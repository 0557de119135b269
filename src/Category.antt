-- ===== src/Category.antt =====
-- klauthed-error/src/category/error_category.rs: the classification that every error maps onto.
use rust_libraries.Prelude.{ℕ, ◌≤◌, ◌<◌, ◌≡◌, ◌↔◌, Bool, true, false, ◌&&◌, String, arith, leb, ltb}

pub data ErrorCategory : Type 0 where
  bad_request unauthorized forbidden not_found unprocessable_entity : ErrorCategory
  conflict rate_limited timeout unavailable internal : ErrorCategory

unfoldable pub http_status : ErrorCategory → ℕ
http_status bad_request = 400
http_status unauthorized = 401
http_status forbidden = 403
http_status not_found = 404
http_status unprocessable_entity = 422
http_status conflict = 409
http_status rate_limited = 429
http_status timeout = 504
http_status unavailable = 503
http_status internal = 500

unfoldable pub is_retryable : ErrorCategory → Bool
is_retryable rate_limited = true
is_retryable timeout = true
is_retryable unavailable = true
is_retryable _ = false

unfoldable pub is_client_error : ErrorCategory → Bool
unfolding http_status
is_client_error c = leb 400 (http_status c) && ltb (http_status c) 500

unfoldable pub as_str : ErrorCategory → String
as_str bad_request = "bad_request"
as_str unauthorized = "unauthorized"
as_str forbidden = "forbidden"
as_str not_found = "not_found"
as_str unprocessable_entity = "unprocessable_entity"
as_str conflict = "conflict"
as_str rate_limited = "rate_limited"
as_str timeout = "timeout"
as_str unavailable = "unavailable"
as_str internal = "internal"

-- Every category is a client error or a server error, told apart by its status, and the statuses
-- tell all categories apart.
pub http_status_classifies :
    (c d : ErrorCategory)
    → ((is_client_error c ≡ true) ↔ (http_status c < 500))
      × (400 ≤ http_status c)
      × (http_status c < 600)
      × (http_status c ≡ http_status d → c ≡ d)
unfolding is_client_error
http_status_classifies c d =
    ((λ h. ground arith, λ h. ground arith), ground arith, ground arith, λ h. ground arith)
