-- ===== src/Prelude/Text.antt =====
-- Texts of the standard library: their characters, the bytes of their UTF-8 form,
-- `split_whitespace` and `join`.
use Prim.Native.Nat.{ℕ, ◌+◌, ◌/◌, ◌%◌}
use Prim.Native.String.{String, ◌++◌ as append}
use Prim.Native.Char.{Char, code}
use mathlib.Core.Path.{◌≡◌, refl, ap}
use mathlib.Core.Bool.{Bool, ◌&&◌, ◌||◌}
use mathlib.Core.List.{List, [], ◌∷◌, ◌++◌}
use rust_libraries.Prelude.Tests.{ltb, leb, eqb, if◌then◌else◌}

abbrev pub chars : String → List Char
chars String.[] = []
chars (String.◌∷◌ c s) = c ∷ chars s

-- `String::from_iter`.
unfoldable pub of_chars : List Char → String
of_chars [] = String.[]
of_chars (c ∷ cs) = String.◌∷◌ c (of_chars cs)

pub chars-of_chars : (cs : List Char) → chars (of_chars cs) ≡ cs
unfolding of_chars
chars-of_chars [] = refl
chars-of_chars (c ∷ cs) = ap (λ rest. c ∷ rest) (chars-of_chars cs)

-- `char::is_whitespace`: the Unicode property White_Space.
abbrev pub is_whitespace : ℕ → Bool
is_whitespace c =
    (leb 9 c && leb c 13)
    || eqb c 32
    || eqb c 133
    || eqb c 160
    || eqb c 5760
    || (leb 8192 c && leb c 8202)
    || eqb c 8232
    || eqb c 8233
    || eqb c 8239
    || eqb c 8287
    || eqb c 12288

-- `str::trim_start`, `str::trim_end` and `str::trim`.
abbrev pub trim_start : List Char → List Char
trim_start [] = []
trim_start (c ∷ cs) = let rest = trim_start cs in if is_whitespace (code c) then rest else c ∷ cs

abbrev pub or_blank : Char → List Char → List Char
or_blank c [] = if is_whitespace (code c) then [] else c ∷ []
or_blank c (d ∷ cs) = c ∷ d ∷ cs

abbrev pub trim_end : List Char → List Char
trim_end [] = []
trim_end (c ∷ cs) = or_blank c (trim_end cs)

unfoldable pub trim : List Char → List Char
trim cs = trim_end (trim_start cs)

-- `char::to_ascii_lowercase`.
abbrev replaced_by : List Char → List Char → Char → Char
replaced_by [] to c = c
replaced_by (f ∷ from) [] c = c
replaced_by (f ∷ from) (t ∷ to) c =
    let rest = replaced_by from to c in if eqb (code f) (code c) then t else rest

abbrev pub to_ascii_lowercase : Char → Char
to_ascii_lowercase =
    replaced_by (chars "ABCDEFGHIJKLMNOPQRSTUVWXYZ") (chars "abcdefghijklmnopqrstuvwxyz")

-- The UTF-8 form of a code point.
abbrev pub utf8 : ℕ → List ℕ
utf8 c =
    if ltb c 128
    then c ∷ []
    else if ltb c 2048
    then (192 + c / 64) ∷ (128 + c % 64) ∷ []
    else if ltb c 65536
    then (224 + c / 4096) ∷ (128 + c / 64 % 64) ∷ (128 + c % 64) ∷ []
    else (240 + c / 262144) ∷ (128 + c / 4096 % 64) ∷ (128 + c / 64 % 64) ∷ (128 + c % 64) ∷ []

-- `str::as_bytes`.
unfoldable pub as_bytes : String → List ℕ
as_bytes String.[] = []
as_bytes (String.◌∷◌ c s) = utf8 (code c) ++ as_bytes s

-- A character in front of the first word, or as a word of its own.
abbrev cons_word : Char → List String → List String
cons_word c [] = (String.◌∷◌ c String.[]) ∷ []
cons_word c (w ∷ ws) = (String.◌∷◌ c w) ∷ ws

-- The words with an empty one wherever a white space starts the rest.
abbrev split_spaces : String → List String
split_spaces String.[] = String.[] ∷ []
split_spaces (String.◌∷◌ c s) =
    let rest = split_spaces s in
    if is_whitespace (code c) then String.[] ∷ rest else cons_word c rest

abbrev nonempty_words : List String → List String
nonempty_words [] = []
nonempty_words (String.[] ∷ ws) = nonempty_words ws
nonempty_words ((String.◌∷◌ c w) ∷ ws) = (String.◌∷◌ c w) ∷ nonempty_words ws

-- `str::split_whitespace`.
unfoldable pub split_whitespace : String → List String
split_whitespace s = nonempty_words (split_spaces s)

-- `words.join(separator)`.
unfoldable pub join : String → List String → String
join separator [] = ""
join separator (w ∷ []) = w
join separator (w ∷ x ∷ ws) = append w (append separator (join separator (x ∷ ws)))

********

Your instructions —
Lines with the word "true": copy each one from the data above.

Output below —
use rust_libraries.Prelude.{ℕ, ◌≤◌, ◌<◌, ◌≡◌, ◌↔◌, Bool, true, false, ◌&&◌, String, arith, leb, ltb}
is_retryable rate_limited = true
is_retryable timeout = true
is_retryable unavailable = true
    → ((is_client_error c ≡ true) ↔ (http_status c < 500))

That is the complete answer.